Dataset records
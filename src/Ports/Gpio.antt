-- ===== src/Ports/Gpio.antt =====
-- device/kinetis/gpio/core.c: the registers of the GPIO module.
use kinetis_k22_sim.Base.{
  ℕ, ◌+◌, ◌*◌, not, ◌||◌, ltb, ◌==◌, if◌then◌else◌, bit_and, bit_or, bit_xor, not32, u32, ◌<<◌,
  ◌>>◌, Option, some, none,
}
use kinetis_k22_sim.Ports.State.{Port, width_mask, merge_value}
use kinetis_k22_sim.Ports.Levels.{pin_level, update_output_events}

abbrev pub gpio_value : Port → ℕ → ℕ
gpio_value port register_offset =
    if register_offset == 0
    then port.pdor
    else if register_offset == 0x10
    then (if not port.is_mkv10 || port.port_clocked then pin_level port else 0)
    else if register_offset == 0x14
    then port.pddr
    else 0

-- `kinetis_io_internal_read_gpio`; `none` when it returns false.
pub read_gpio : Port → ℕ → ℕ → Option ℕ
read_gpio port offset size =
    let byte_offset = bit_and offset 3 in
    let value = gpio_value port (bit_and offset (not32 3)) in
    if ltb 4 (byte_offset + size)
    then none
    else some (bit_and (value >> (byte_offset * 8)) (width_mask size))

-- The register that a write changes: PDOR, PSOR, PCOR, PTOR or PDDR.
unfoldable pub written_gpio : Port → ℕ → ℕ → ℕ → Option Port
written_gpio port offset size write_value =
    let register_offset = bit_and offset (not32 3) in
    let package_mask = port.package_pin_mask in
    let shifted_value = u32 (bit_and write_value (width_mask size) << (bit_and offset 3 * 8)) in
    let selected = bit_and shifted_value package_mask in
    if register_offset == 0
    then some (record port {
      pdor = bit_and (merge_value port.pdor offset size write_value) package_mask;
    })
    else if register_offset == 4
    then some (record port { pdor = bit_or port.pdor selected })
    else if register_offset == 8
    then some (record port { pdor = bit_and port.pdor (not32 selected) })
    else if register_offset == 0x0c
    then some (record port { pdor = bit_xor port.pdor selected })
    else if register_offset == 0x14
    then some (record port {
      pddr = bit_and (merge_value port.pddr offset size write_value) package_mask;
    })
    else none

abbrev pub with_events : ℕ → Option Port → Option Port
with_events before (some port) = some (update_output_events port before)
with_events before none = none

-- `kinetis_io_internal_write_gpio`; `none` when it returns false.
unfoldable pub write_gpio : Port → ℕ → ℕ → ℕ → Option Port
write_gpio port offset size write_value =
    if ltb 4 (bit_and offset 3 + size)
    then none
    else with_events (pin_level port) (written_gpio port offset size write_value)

■ Exercise prompt: Starting from the data above, filter for lines with "Ports" and copy each one.

■ Task response:
filename src/Ports/Gpio.antt
-- ===== src/Ports/Gpio.antt =====
use kinetis_k22_sim.Ports.State.{Port, width_mask, merge_value}
use kinetis_k22_sim.Ports.Levels.{pin_level, update_output_events}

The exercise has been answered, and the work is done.